All bookkeeping (`attempts`, `next_eligible`, `wip_*`) is append-only in the meta
and re-derivable from the meta + folder location, so recovery is crash-safe.
## Insights (metrics & token accounting)
Each finished run records into `<job>.meta`: `duration_s`, `exit`, `result`,
`attempts`, and — for a git `cwd``files_changed` / `lines_added` /
`lines_deleted` (diffed `wip_base..HEAD`). A single `parse_usage <engine> <log>`
adapter extracts `model` / `tokens_in` / `tokens_out` / `tokens_cached` /
`cost_usd` / `turns` / `tool_calls` when the engine exposes them.
```bash
agent-queue.sh insights <job> # full metrics for one job
agent-queue.sh insights # recent-jobs table + per-engine rollup
```
> **Token caveat (honest):** real usage is captured only where the engine surfaces
> it. A cooperating wrapper may emit a machine-readable `AQ_USAGE key=value …` line;
> otherwise per-engine heuristics apply (Claude/Codex token fields parsed; Devin
> session metrics + Copilot are API-only and currently TODO in `parse_usage`). When
> a value is not provider-reported it is **omitted or flagged `usage_estimated`** —
> numbers are never fabricated. The per-engine rollup marks totals that include any
> estimated value with `*`.
## Config (env overrides)
| Var | Default | Meaning |
| --- | ------- | ------- |
| `AGENT_QUEUE_ROOT` | `./queue` | where the kanban folders live |
| `AGENT_QUEUE_MAX` | `3` | max concurrent agents (override per-run with `run --max N`) |
| `AGENT_QUEUE_ENGINE` | `devin` | default engine when none in frontmatter |
| `AGENT_QUEUE_POLL` | `3` | inbox poll interval (seconds) |
| `AGENT_QUEUE_VERIFY` | _(empty)_ | default auto-QA verify command; per-job `verify:` overrides it |
| `AGENT_QUEUE_STALL_MIN` | `10` | minutes of unchanged log before a worker is `⚠ stalled` |
| `DEVIN_BIN` / `CLAUDE_BIN` / `CODEX_BIN` / `COPILOT_BIN` | autodetected | override CLI binary paths |
| `FLOCK_BIN` / `TIMEOUT_BIN` | autodetected | `flock` (lock hardening) and `timeout`/`gtimeout` (hard timeouts); absent on stock macOS — see notes |
## ⚠️ Safety
Running agents with `yolo: true` means **no approval prompts** — they will edit files,
run shell commands, and commit unattended. Mitigate:
- Prefer **scope-locked** prompt files (e.g. "edit only under `dashboards/tracker-web/`").

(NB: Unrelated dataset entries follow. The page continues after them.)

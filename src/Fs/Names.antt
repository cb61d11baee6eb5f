-- ===== src/Fs/Names.antt =====
-- Directories and vnodes as the calls that take paths see them, and what they use of fs/vnode.c and of
-- the vnode operations of a file system, which are not in the repository.
use weenix_kernel.Base.{ℕ, ◌+◌, ◌-◌, ◌≡◌, ◌∙◌, Option, none, some, List, arith}
use weenix_kernel.Fs.Layer.{Kind, Errno, update}
use weenix_kernel.Fs.Calls.{is_directory}

-- The characters of a path or of a component.
abbrev pub Name : Type 0
Name = List ℕ

-- vn_refcount and the type in vn_mode of each vnode, which vnode a name leads to in a directory, the
-- working directory of the current process and vfs_root_vn.
pub record Names : Type 0 where
  pub refs : ℕ → ℕ
  pub kind : ℕ → Kind
  pub links : ℕ → Name → Option ℕ
  pub cwd : ℕ
  pub root : ℕ

-- What lookup and create return: 0 and a vnode, or -errno.
pub data Looked : Type 0 where
  found : ℕ → Looked
  failed : Errno → Looked

-- What an operation without a vnode returns: 0 or -errno.
pub data Status : Type 0 where
  done : Status
  fails : Errno → Status

abbrev pub took : ℕ → Names → Names
took v s = record s { refs = update s.refs v (s.refs v + 1) }

abbrev pub gave : ℕ → Names → Names
gave v s = record s { refs = update s.refs v (s.refs v - 1) }

-- The directory operations; `none` is NULL in the operations table.
pub record NameOps : Type 0 where
  pub lookup : ℕ → Option (Name → Names → Looked × Names)
  pub create : ℕ → Option (Name → Names → Looked × Names)
  pub mknod : ℕ → Option (Name → Names → Status × Names)
  pub mkdir : ℕ → Option (Name → Names → Status × Names)
  pub rmdir : ℕ → Option (Name → Names → Status × Names)
  pub unlink : ℕ → Option (Name → Names → Status × Names)
  pub link : ℕ → Option (ℕ → Name → Names → Status × Names)
  pub stat : ℕ → Option (Names → Status × Names)
  pub vref : ℕ → Names → Names
  pub vput : ℕ → Names → Names

-- The vnodes, the entries of the directories and the working directory stay; the references become
-- those of `t`.
abbrev pub Same : Names → Names → Type 0
Same t s' =
    ((u : ℕ) → s'.refs u ≡ t.refs u)
    × (s'.kind ≡ t.kind)
    × (s'.links ≡ t.links)
    × (s'.cwd ≡ t.cwd)
    × (s'.root ≡ t.root)

-- Only entries, and the types of vnodes that are made, may change.
abbrev pub Keeps : Names → Names → Type 0
Keeps t s' = ((u : ℕ) → s'.refs u ≡ t.refs u) × (s'.cwd ≡ t.cwd) × (s'.root ≡ t.root)

-- A creation takes a reference to the vnode that it returns and makes no directory, or changes
-- nothing.
abbrev pub Creates : Names → Looked × Names → Type 0
Creates s (found v, s') =
    Keeps (took v s) s' × ((u : ℕ) → is_directory (s'.kind u) ≡ is_directory (s.kind u))
Creates s (failed e, s') = s' ≡ s

-- What the documentation of these operations says. vref and vput count references. lookup follows
-- the entry of a name and takes a reference to the vnode that it returns; without an entry it
-- fails. The operations that return no vnode keep the references of their caller.
pub record Laws (ops : NameOps) : Type 0 where
  pub vref_lem : (v : ℕ) (s : Names) → ops.vref v s ≡ took v s
  pub vput_lem : (v : ℕ) (s : Names) → ops.vput v s ≡ gave v s
  pub lookup-entry :
      (d : ℕ) (f : Name → Names → Looked × Names) (n : Name) (s : Names) (v : ℕ)
      → ops.lookup d ≡ some f
      → s.links d n ≡ some v
      → f n s ≡ (found v, took v s)
  pub lookup-missing :
      (d : ℕ) (f : Name → Names → Looked × Names) (n : Name) (s : Names)
      → ops.lookup d ≡ some f
      → s.links d n ≡ none
      → (e : Errno) × (f n s ≡ (failed e, s))
  pub create-Creates :
      (d : ℕ) (f : Name → Names → Looked × Names) (n : Name) (s : Names)
      → ops.create d ≡ some f
      → Creates s (f n s)
  pub mknod-Keeps :
      (d : ℕ) (f : Name → Names → Status × Names) (n : Name) (s : Names)
      → ops.mknod d ≡ some f
      → Keeps s (f n s).1
  pub mkdir-Keeps :
      (d : ℕ) (f : Name → Names → Status × Names) (n : Name) (s : Names)
      → ops.mkdir d ≡ some f
      → Keeps s (f n s).1
  pub rmdir-Keeps :
      (d : ℕ) (f : Name → Names → Status × Names) (n : Name) (s : Names)
      → ops.rmdir d ≡ some f
      → Keeps s (f n s).1
  pub unlink-Keeps :
      (d : ℕ) (f : Name → Names → Status × Names) (n : Name) (s : Names)
      → ops.unlink d ≡ some f
      → Keeps s (f n s).1
  pub link-Keeps :
      (v : ℕ) (f : ℕ → Name → Names → Status × Names) (d : ℕ) (n : Name) (s : Names)
      → ops.link d ≡ some f
      → Keeps s (f v n s).1
  pub stat-Same :
      (v : ℕ) (f : Names → Status × Names) (s : Names) → ops.stat v ≡ some f → Same s (f s).1

pub Same-trans : (r s t : Names) → Same r s → Same s t → Same r t
Same-trans r s t h k = ((λ u. k.0 u ∙ h.0 u), k.1 ∙ h.1, k.2 ∙ h.2, k.3 ∙ h.3, k.4 ∙ h.4)

-- Giving back what was taken.
pub gave-Same : (v : ℕ) (r s : Names) → Same (took v r) s → Same r (gave v s)
gave-Same v r s h = ((λ u. ground (arith, h.0 u, h.0 v)), h.1, h.2, h.3, h.4)

pub took-Same : (v : ℕ) (r s : Names) → Same r s → Same (took v r) (took v s)
took-Same v r s h = ((λ u. ground (arith, h.0 u, h.0 v)), h.1, h.2, h.3, h.4)

-- The reference that was taken first is given back first.
pub gave-took-Same :
    (p v : ℕ) (r s : Names) → Same (took p r) s → Same (took v r) (gave p (took v s))
gave-took-Same p v r s h = ((λ u. ground (arith, h.0 u, h.0 v, h.0 p)), h.1, h.2, h.3, h.4)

- Tell prompts **not to `git push`** — review commits before they leave your machine.
- **Same-repo safety is automatic:** jobs sharing a `cwd` (or `lock:` key) are
serialized, so two agents never run in one repo at once — even at `--max 2+`.
- Set a `timeout:` on long jobs so a wedged agent can't run forever.
- Watch cost: each job is a full agent session.
### Portability notes
- **macOS** has no `flock`/`timeout`; locking relies on the single run-loop
(enforced by the second-run refusal) and timeouts use a pure-bash watchdog.
Install coreutils (`gtimeout`) for hard process-tree kills.
- **Linux** (incl. Gitea CI) uses `flock` + `timeout` for cross-process hardening.
## Roadmap / nice-to-haves
- [x] Per-repo lock to serialize same-repo jobs automatically (`lock:` / cwd).
- [x] Per-job `timeout:` with hard kill (or bash watchdog fallback).
- [x] Stall detection in `status`/`dash`.
- [x] `requeue` failed jobs + `clean`/archive old runs.
- [x] Build/ship lifecycle: `review → testing → shipped` with auto-QA `verify:` gate + manual `ship`.
- [ ] `--push` opt-in policy + commit review gate.
- [ ] Optional notifications (Slack/desktop) on done/failed/stall.
- [ ] Persisted run-loop as a daemon/service with auto-restart.